### WHAT YOU SHOULD DO
Which lines run from the line with "kept-Cordoned w ws (workers_in" through the line with "(R.srem k)) _" in the entries below? Print them exactly, both ends included, and nothing more.

### SOURCE RECORDS
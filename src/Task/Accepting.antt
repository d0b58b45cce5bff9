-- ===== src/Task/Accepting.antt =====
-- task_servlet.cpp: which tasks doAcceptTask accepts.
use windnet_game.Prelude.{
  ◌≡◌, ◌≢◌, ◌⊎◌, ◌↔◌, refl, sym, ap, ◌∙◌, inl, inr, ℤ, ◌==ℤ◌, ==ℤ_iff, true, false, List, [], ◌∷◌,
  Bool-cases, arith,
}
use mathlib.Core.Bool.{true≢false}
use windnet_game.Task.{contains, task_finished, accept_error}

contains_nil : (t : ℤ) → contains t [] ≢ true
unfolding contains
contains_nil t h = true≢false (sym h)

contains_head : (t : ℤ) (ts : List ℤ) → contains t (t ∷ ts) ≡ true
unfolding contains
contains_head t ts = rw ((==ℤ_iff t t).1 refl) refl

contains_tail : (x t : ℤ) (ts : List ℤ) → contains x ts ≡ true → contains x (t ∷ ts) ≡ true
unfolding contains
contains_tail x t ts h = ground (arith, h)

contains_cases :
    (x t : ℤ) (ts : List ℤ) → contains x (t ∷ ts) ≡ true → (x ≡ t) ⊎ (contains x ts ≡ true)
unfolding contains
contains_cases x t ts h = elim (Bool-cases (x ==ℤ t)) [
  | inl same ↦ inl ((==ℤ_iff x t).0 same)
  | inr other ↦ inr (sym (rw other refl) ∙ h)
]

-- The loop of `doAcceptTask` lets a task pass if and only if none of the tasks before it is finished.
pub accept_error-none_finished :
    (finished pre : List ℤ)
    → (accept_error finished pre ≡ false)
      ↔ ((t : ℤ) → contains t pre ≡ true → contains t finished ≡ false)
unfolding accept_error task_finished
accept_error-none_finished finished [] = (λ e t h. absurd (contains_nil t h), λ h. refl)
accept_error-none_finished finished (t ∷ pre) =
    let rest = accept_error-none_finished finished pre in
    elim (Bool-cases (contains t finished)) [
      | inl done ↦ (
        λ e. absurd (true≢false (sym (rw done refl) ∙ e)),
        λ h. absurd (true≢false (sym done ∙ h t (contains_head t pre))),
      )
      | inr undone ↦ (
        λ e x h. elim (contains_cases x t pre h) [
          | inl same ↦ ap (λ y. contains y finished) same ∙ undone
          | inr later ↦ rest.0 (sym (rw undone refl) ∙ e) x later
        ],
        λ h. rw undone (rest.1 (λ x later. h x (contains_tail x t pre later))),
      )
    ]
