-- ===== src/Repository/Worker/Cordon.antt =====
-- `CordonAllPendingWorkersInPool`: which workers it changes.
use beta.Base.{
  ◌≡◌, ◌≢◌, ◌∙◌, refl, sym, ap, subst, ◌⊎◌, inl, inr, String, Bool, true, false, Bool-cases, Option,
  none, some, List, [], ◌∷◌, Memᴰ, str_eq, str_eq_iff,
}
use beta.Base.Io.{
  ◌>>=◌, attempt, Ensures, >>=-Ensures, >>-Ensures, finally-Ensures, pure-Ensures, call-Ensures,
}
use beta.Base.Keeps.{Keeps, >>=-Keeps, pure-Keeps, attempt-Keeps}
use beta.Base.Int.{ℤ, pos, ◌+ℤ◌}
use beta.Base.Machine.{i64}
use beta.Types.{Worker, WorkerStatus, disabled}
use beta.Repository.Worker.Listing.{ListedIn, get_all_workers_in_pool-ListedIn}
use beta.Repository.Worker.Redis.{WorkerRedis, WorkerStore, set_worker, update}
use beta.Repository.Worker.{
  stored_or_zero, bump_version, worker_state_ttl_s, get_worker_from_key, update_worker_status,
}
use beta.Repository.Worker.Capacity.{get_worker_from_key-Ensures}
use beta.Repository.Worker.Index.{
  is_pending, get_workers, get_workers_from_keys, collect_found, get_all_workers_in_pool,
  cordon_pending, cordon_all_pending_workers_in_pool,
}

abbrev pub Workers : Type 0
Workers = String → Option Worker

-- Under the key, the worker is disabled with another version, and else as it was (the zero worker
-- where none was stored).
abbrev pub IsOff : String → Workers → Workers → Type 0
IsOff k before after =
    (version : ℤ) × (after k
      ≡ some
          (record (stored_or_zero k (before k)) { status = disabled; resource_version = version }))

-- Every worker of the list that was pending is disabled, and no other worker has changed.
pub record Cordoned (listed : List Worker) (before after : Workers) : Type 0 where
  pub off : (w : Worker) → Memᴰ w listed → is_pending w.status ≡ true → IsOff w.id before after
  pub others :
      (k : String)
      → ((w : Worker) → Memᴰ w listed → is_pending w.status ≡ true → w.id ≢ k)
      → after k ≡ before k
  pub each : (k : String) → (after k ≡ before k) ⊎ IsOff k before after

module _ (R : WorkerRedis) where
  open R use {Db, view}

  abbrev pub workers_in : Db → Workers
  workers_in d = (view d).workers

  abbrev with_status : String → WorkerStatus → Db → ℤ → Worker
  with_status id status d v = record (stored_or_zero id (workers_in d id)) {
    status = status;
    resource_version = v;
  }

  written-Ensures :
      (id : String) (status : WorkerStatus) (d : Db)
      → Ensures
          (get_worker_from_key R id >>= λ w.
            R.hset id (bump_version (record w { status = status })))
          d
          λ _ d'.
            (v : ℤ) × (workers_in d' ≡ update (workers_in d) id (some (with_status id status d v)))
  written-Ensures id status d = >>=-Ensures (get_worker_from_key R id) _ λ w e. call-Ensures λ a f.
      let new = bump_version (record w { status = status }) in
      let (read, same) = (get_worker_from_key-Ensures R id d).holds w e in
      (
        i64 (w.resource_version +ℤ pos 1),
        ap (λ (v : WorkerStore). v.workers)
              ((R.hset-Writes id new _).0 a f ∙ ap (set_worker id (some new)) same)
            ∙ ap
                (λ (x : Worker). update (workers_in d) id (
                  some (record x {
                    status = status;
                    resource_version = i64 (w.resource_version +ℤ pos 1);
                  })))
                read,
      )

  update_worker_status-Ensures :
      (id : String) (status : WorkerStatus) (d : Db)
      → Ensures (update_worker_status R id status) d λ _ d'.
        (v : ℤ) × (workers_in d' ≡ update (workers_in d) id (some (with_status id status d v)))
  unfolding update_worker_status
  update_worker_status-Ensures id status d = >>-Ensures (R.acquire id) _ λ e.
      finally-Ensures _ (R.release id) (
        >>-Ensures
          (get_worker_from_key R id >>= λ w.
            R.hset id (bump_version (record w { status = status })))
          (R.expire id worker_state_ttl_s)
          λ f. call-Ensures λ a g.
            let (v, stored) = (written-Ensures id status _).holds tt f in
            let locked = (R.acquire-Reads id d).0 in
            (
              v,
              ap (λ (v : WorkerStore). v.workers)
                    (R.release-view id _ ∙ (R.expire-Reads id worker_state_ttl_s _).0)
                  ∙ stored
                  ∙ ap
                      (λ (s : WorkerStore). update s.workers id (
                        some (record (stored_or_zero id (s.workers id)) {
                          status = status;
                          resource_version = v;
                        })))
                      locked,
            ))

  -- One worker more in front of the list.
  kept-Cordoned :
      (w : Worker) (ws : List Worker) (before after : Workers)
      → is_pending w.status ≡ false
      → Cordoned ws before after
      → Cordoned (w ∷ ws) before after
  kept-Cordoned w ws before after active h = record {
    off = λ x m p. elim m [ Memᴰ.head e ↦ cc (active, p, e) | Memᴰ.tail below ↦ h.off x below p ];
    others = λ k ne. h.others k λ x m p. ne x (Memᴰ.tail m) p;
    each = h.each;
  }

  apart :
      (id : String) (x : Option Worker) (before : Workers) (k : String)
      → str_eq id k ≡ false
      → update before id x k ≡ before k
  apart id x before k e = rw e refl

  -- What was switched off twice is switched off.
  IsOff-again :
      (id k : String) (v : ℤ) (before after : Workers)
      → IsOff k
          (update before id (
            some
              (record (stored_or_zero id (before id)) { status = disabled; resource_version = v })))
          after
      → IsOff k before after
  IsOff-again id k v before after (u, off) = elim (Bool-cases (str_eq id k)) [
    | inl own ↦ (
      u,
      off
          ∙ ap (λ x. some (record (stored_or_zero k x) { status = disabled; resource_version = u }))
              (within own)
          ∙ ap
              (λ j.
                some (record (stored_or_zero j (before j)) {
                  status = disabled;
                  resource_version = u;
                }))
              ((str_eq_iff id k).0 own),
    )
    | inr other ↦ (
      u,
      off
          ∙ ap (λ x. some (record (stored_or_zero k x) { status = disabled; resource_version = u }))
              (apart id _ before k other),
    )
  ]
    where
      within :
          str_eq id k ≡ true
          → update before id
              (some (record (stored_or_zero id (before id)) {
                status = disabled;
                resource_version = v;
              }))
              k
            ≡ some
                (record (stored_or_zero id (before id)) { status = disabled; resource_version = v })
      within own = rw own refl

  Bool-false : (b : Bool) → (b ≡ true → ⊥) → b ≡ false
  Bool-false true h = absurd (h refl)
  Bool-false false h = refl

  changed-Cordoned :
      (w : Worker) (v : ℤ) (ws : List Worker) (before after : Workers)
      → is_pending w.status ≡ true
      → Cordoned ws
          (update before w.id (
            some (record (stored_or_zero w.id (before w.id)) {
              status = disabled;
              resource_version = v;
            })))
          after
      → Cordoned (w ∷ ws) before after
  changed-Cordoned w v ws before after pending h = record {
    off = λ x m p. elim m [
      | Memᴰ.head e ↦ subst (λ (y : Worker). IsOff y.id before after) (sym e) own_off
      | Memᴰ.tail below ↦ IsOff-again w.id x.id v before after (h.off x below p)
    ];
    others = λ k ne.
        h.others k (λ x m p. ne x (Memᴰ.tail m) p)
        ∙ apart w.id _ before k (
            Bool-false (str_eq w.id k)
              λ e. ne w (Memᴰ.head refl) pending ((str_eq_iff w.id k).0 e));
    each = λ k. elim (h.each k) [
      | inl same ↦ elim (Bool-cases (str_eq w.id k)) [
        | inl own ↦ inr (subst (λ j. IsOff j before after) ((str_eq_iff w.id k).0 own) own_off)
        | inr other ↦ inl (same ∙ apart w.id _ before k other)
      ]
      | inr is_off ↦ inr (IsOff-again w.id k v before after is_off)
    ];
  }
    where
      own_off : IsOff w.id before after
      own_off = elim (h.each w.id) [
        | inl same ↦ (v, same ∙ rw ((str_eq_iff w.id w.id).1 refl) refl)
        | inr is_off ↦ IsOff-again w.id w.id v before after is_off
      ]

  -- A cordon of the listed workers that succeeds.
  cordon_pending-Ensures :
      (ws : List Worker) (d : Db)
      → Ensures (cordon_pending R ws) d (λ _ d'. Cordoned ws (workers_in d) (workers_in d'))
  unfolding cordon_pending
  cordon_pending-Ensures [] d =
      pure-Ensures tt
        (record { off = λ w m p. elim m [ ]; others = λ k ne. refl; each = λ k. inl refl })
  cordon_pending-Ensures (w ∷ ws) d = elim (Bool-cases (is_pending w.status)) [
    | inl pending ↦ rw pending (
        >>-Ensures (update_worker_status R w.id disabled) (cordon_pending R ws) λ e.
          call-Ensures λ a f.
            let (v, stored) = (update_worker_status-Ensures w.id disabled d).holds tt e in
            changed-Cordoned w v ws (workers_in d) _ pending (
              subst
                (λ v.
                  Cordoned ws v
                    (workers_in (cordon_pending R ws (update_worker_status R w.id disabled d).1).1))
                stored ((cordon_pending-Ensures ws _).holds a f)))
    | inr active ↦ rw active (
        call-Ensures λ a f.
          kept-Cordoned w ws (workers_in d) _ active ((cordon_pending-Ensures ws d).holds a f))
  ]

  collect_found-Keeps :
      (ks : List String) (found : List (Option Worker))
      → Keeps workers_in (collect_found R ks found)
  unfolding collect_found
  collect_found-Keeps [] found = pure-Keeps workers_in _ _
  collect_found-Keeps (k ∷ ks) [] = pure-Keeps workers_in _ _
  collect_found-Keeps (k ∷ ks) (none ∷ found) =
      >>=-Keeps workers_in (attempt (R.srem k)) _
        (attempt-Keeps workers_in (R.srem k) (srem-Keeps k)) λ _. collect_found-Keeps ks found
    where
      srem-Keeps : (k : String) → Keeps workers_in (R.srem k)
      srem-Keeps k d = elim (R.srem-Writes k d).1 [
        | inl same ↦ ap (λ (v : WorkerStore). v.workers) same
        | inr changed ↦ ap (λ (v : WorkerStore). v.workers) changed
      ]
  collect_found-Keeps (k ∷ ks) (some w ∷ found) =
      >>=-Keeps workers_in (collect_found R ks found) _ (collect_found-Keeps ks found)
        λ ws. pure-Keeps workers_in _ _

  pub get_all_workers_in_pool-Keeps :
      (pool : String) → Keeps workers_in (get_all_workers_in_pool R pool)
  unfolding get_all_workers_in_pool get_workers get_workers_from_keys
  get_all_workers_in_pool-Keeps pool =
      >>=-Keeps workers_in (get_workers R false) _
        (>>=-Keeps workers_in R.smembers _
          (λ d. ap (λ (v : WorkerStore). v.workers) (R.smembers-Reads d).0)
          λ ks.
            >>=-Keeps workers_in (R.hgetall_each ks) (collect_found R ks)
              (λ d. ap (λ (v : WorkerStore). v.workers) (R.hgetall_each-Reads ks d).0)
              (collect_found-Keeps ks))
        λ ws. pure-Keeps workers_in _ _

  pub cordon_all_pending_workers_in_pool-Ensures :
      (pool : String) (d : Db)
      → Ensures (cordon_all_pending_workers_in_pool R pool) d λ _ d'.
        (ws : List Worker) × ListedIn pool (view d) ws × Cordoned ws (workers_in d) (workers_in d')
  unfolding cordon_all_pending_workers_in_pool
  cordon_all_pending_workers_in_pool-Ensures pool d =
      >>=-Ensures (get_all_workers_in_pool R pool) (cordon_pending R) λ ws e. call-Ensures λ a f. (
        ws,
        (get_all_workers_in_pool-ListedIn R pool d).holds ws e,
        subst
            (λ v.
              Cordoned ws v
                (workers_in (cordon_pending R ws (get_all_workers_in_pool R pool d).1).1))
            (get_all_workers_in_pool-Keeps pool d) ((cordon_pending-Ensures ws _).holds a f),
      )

### TASK RESPONSE
          kept-Cordoned w ws (workers_in d) _ active ((cordon_pending-Ensures ws d).holds a f))
  ]

  collect_found-Keeps :
      (ks : List String) (found : List (Option Worker))
      → Keeps workers_in (collect_found R ks found)
  unfolding collect_found
  collect_found-Keeps [] found = pure-Keeps workers_in _ _
  collect_found-Keeps (k ∷ ks) [] = pure-Keeps workers_in _ _
  collect_found-Keeps (k ∷ ks) (none ∷ found) =
      >>=-Keeps workers_in (attempt (R.srem k)) _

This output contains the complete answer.